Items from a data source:

■ ■ ■ ■

-- ===== src/Ordering/Newest.antt =====
-- The newest entities of a collection, kept by their ids: what the purges of management/ keep, where
-- no two entities share an id.
use Prim.Native.Nat.{min}
use kplayer_go.Prelude.{
  ℕ, zero, suc, ◌+◌, ◌≤◌, ◌≡◌, refl, Bool, true, false, List, [], ◌∷◌, ◌++◌, arith, inl, inr, sym,
  ◌∙◌, String, ◌⊎◌, ap,
}
use mathlib.Core.Path.{subst}
use kplayer_go.Prelude.Lists.{
  All-every, All-split, length, count, any, take, drop, All, All-mono, All-append, All-both,
}
use kplayer_go.Ordering.{sort_by, newer}
use kplayer_go.Ordering.Laws.{
  IsSorted-cut, newest_first, NotOlder, All-sort_by, All-unsort_by, count-sort_by, length-sort_by,
}

module _ {ℓ} {A : Type ℓ} where
  take-drop : (n : ℕ) (xs : List A) → take n xs ++ drop n xs ≡ xs
  take-drop zero xs = refl
  take-drop (suc n) [] = refl
  take-drop (suc n) (x ∷ xs) = ap (λ r. x ∷ r) (take-drop n xs)

  pub length-take : (n : ℕ) (xs : List A) → length (take n xs) ≡ min n (length xs)
  length-take zero xs = ground arith
  length-take (suc n) [] = ground arith
  length-take (suc n) (x ∷ xs) = ground (arith, length-take n xs)

  pub count-append : (p : A → Bool) (xs ys : List A) → count p (xs ++ ys) ≡ count p xs + count p ys
  count-append p [] ys = omega arith
  count-append p (x ∷ xs) ys = ground (arith, count-append p xs ys)

  pub count-passing :
      (p : A → Bool) (xs : List A) → All (λ x. p x ≡ true) xs → count p xs ≡ length xs
  count-passing p [] h = refl
  count-passing p (x ∷ xs) h = ground (arith, h.0, count-passing p xs h.1)

  pub count-none : (p : A → Bool) (xs : List A) → All (λ x. p x ≡ false) xs → count p xs ≡ 0
  count-none p [] h = refl
  count-none p (x ∷ xs) h = ground (arith, h.0, count-none p xs h.1)

  any-of_count : (p : A → Bool) (xs : List A) → count p xs ≡ 0 → any p xs ≡ false
  any-of_count p [] h = refl
  any-of_count p (x ∷ xs) h = ground (arith, h, any-of_count p xs)

  transposed :
      (R : A → A → Type 0) (xs ys : List A)
      → All (λ x. All (R x) ys) xs
      → All (λ y. All (λ x. R x y) xs) ys
  transposed R [] ys h = All-every _ (λ y. tt) ys
  transposed R (x ∷ xs) ys h =
      All-both _ _ _ (λ y r rest. (r, rest)) ys h.0 (transposed R xs ys h.1)

module _ {ℓ} {A : Type ℓ} (same : A → A → Bool) where
  -- Every entity is there once.
  abbrev pub EachOnce : List A → Type 0
  EachOnce xs = All (λ a. count (same a) xs ≡ 1) xs

  -- Whether an entity is in a list.
  abbrev pub among : List A → A → Bool
  among ts a = any (same a) ts

abbrev pub newest {ℓ} : {A : Type ℓ} → (A → ℕ) → (A → String) → ℕ → List A → List A
newest time id n xs = take n (sort_by (newer time id) xs)

module _ {ℓ} {A : Type ℓ} (time : A → ℕ) (id : A → String) (same : A → A → Bool)
    (same-refl : (a : A) → same a a ≡ true) where
  among_self : (ts : List A) → All (λ a. among same ts a ≡ true) ts
  among_self [] = tt
  among_self (t ∷ ts) =
      (ground (arith, same-refl t), All-mono _ _ (λ a h. ground (arith, h)) ts (among_self ts))

  count_self : (ds : List A) → All (λ a. 1 ≤ count (same a) ds) ds
  count_self [] = tt
  count_self (d ∷ ds) =
      (ground (arith, same-refl d), All-mono _ _ (λ a h. ground (arith, h)) ds (count_self ds))

  -- In a list without repeated ids, nothing behind a cut is found in front of it.
  among-behind : (ts ds : List A) → EachOnce same (ts ++ ds) → All (λ a. among same ts a ≡ false) ds
  among-behind ts ds h =
      All-both _ _ _
        (λ a once self.
          any-of_count (same a) ts (omega (arith, once, self, count-append (same a) ts ds)))
        ds (All-split _ ts ds h).1 (count_self ds)

  EachOnce-sort : (xs : List A) → EachOnce same xs → EachOnce same (sort_by (newer time id) xs)
  EachOnce-sort xs h =
      All-mono _ _ (λ a once. count-sort_by (newer time id) (same a) xs ∙ once)
        (sort_by (newer time id) xs) (All-sort_by (newer time id) _ xs h)

  module _ (n : ℕ) (xs : List A) (distinct : EachOnce same xs) where
    sorted_distinct : EachOnce same (newest time id n xs ++ drop n (sort_by (newer time id) xs))
    sorted_distinct =
        let s = sort_by (newer time id) xs in
        subst (EachOnce same) (sym (take-drop n s)) (EachOnce-sort xs distinct)

    -- As many are among the newest as were asked for, or all.
    pub count-among : count (among same (newest time id n xs)) xs ≡ min n (length xs)
    count-among =
        let s = sort_by (newer time id) xs in
        let ds = drop n s in
        let ts = newest time id n xs in
        let p = among same ts in
        omega (
          arith,
          count-sort_by (newer time id) p xs,
          ap (count p) (take-drop n s),
          count-append p ts ds,
          count-passing p ts (among_self ts),
          count-none p ds (among-behind ts ds sorted_distinct),
          length-take n s,
          ap (min n) (length-sort_by (newer time id) xs),
        )

    -- Whatever is not among the newest is no newer than whatever is.
    abbrev pub Ranked : A → A → Type 0
    Ranked a b =
        (among same (newest time id n xs) b ≡ false)
        ⊎ (among same (newest time id n xs) a ≡ true)
        ⊎ (time a ≤ time b)

    pub newest_rank : All (λ a. All (Ranked a) xs) xs
    newest_rank =
        let s = sort_by (newer time id) xs in
        let ds = drop n s in
        let ts = newest time id n xs in
        let behind = among-behind ts ds sorted_distinct in
        let above = IsSorted-cut (NotOlder time id) n s (newest_first time id xs) in
        let in_order : (a : A) → All (Ranked a) ts → All (Ranked a) xs = λ a h.
          All-unsort_by (newer time id) (Ranked a) xs (
            subst (All (Ranked a)) (take-drop n s)
              (All-append (Ranked a) ts ds h (All-mono _ _ (λ b e. inl e) ds behind))) in
        let front : All (λ a. All (Ranked a) xs) ts =
          All-mono _ _ (λ a e. in_order a (All-every _ (λ b. inr (inl e)) ts)) ts (among_self ts) in
        let back : All (λ a. All (Ranked a) xs) ds =
          All-mono _ _ (λ a h. in_order a (All-mono _ _ (λ b le. inr (inr le)) ts h)) ds
            (transposed (NotOlder time id) ts ds above) in
        All-unsort_by (newer time id) _ xs
          (subst (All (λ a. All (Ranked a) xs)) (take-drop n s) (All-append _ ts ds front back))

■ ■ ■ ■

In full and word for word, set down the records shown above.

-- ===== src/Ordering/Newest.antt =====
-- The newest entities of a collection, kept by their ids: what the purges of management/ keep, where
-- no two entities share an id.
use Prim.Native.Nat.{min}
use kplayer_go.Prelude.{
  ℕ, zero, suc, ◌+◌, ◌≤◌, ◌≡◌, refl, Bool, true, false, List, [], ◌∷◌, ◌++◌, arith, inl, inr, sym,
  ◌∙◌, String, ◌⊎◌, ap,
}
use mathlib.Core.Path.{subst}
use kplayer_go.Prelude.Lists.{
  All-every, All-split, length, count, any, take, drop, All, All-mono, All-append, All-both,
}
use kplayer_go.Ordering.{sort_by, newer}
use kplayer_go.Ordering.Laws.{
  IsSorted-cut, newest_first, NotOlder, All-sort_by, All-unsort_by, count-sort_by, length-sort_by,
}

module _ {ℓ} {A : Type ℓ} where
  take-drop : (n : ℕ) (xs : List A) → take n xs ++ drop n xs ≡ xs
  take-drop zero xs = refl
  take-drop (suc n) [] = refl
  take-drop (suc n) (x ∷ xs) = ap (λ r. x ∷ r) (take-drop n xs)

  pub length-take : (n : ℕ) (xs : List A) → length (take n xs) ≡ min n (length xs)
  length-take zero xs = ground arith
  length-take (suc n) [] = ground arith
  length-take (suc n) (x ∷ xs) = ground (arith, length-take n xs)

  pub count-append : (p : A → Bool) (xs ys : List A) → count p (xs ++ ys) ≡ count p xs + count p ys
  count-append p [] ys = omega arith
  count-append p (x ∷ xs) ys = ground (arith, count-append p xs ys)

  pub count-passing :
      (p : A → Bool) (xs : List A) → All (λ x. p x ≡ true) xs → count p xs ≡ length xs
  count-passing p [] h = refl
  count-passing p (x ∷ xs) h = ground (arith, h.0, count-passing p xs h.1)

  pub count-none : (p : A → Bool) (xs : List A) → All (λ x. p x ≡ false) xs → count p xs ≡ 0
  count-none p [] h = refl
  count-none p (x ∷ xs) h = ground (arith, h.0, count-none p xs h.1)

  any-of_count : (p : A → Bool) (xs : List A) → count p xs ≡ 0 → any p xs ≡ false
  any-of_count p [] h = refl
  any-of_count p (x ∷ xs) h = ground (arith, h, any-of_count p xs)

  transposed :
      (R : A → A → Type 0) (xs ys : List A)
      → All (λ x. All (R x) ys) xs
      → All (λ y. All (λ x. R x y) xs) ys
  transposed R [] ys h = All-every _ (λ y. tt) ys
  transposed R (x ∷ xs) ys h =
      All-both _ _ _ (λ y r rest. (r, rest)) ys h.0 (transposed R xs ys h.1)

module _ {ℓ} {A : Type ℓ} (same : A → A → Bool) where
  -- Every entity is there once.
  abbrev pub EachOnce : List A → Type 0
  EachOnce xs = All (λ a. count (same a) xs ≡ 1) xs

  -- Whether an entity is in a list.
  abbrev pub among : List A → A → Bool
  among ts a = any (same a) ts

abbrev pub newest {ℓ} : {A : Type ℓ} → (A → ℕ) → (A → String) → ℕ → List A → List A
newest time id n xs = take n (sort_by (newer time id) xs)

module _ {ℓ} {A : Type ℓ} (time : A → ℕ) (id : A → String) (same : A → A → Bool)
    (same-refl : (a : A) → same a a ≡ true) where
  among_self : (ts : List A) → All (λ a. among same ts a ≡ true) ts
  among_self [] = tt
  among_self (t ∷ ts) =
      (ground (arith, same-refl t), All-mono _ _ (λ a h. ground (arith, h)) ts (among_self ts))

  count_self : (ds : List A) → All (λ a. 1 ≤ count (same a) ds) ds
  count_self [] = tt
  count_self (d ∷ ds) =
      (ground (arith, same-refl d), All-mono _ _ (λ a h. ground (arith, h)) ds (count_self ds))

  -- In a list without repeated ids, nothing behind a cut is found in front of it.
  among-behind : (ts ds : List A) → EachOnce same (ts ++ ds) → All (λ a. among same ts a ≡ false) ds
  among-behind ts ds h =
      All-both _ _ _
        (λ a once self.
          any-of_count (same a) ts (omega (arith, once, self, count-append (same a) ts ds)))
        ds (All-split _ ts ds h).1 (count_self ds)

  EachOnce-sort : (xs : List A) → EachOnce same xs → EachOnce same (sort_by (newer time id) xs)
  EachOnce-sort xs h =
      All-mono _ _ (λ a once. count-sort_by (newer time id) (same a) xs ∙ once)
        (sort_by (newer time id) xs) (All-sort_by (newer time id) _ xs h)

  module _ (n : ℕ) (xs : List A) (distinct : EachOnce same xs) where
    sorted_distinct : EachOnce same (newest time id n xs ++ drop n (sort_by (newer time id) xs))
    sorted_distinct =
        let s = sort_by (newer time id) xs in
        subst (EachOnce same) (sym (take-drop n s)) (EachOnce-sort xs distinct)

    -- As many are among the newest as were asked for, or all.
    pub count-among : count (among same (newest time id n xs)) xs ≡ min n (length xs)
    count-among =
        let s = sort_by (newer time id) xs in
        let ds = drop n s in
        let ts = newest time id n xs in
        let p = among same ts in
        omega (
          arith,
          count-sort_by (newer time id) p xs,
          ap (count p) (take-drop n s),
          count-append p ts ds,
          count-passing p ts (among_self ts),
          count-none p ds (among-behind ts ds sorted_distinct),
          length-take n s,
          ap (min n) (length-sort_by (newer time id) xs),
        )

    -- Whatever is not among the newest is no newer than whatever is.
    abbrev pub Ranked : A → A → Type 0
    Ranked a b =
        (among same (newest time id n xs) b ≡ false)
        ⊎ (among same (newest time id n xs) a ≡ true)
        ⊎ (time a ≤ time b)

    pub newest_rank : All (λ a. All (Ranked a) xs) xs
    newest_rank =
        let s = sort_by (newer time id) xs in
        let ds = drop n s in
        let ts = newest time id n xs in
        let behind = among-behind ts ds sorted_distinct in
        let above = IsSorted-cut (NotOlder time id) n s (newest_first time id xs) in
        let in_order : (a : A) → All (Ranked a) ts → All (Ranked a) xs = λ a h.
          All-unsort_by (newer time id) (Ranked a) xs (
            subst (All (Ranked a)) (take-drop n s)
              (All-append (Ranked a) ts ds h (All-mono _ _ (λ b e. inl e) ds behind))) in
        let front : All (λ a. All (Ranked a) xs) ts =
          All-mono _ _ (λ a e. in_order a (All-every _ (λ b. inr (inl e)) ts)) ts (among_self ts) in
        let back : All (λ a. All (Ranked a) xs) ds =
          All-mono _ _ (λ a h. in_order a (All-mono _ _ (λ b le. inr (inr le)) ts h)) ds
            (transposed (NotOlder time id) ts ds above) in
        All-unsort_by (newer time id) _ xs
          (subst (All (λ a. All (Ranked a) xs)) (take-drop n s) (All-append _ ts ds front back))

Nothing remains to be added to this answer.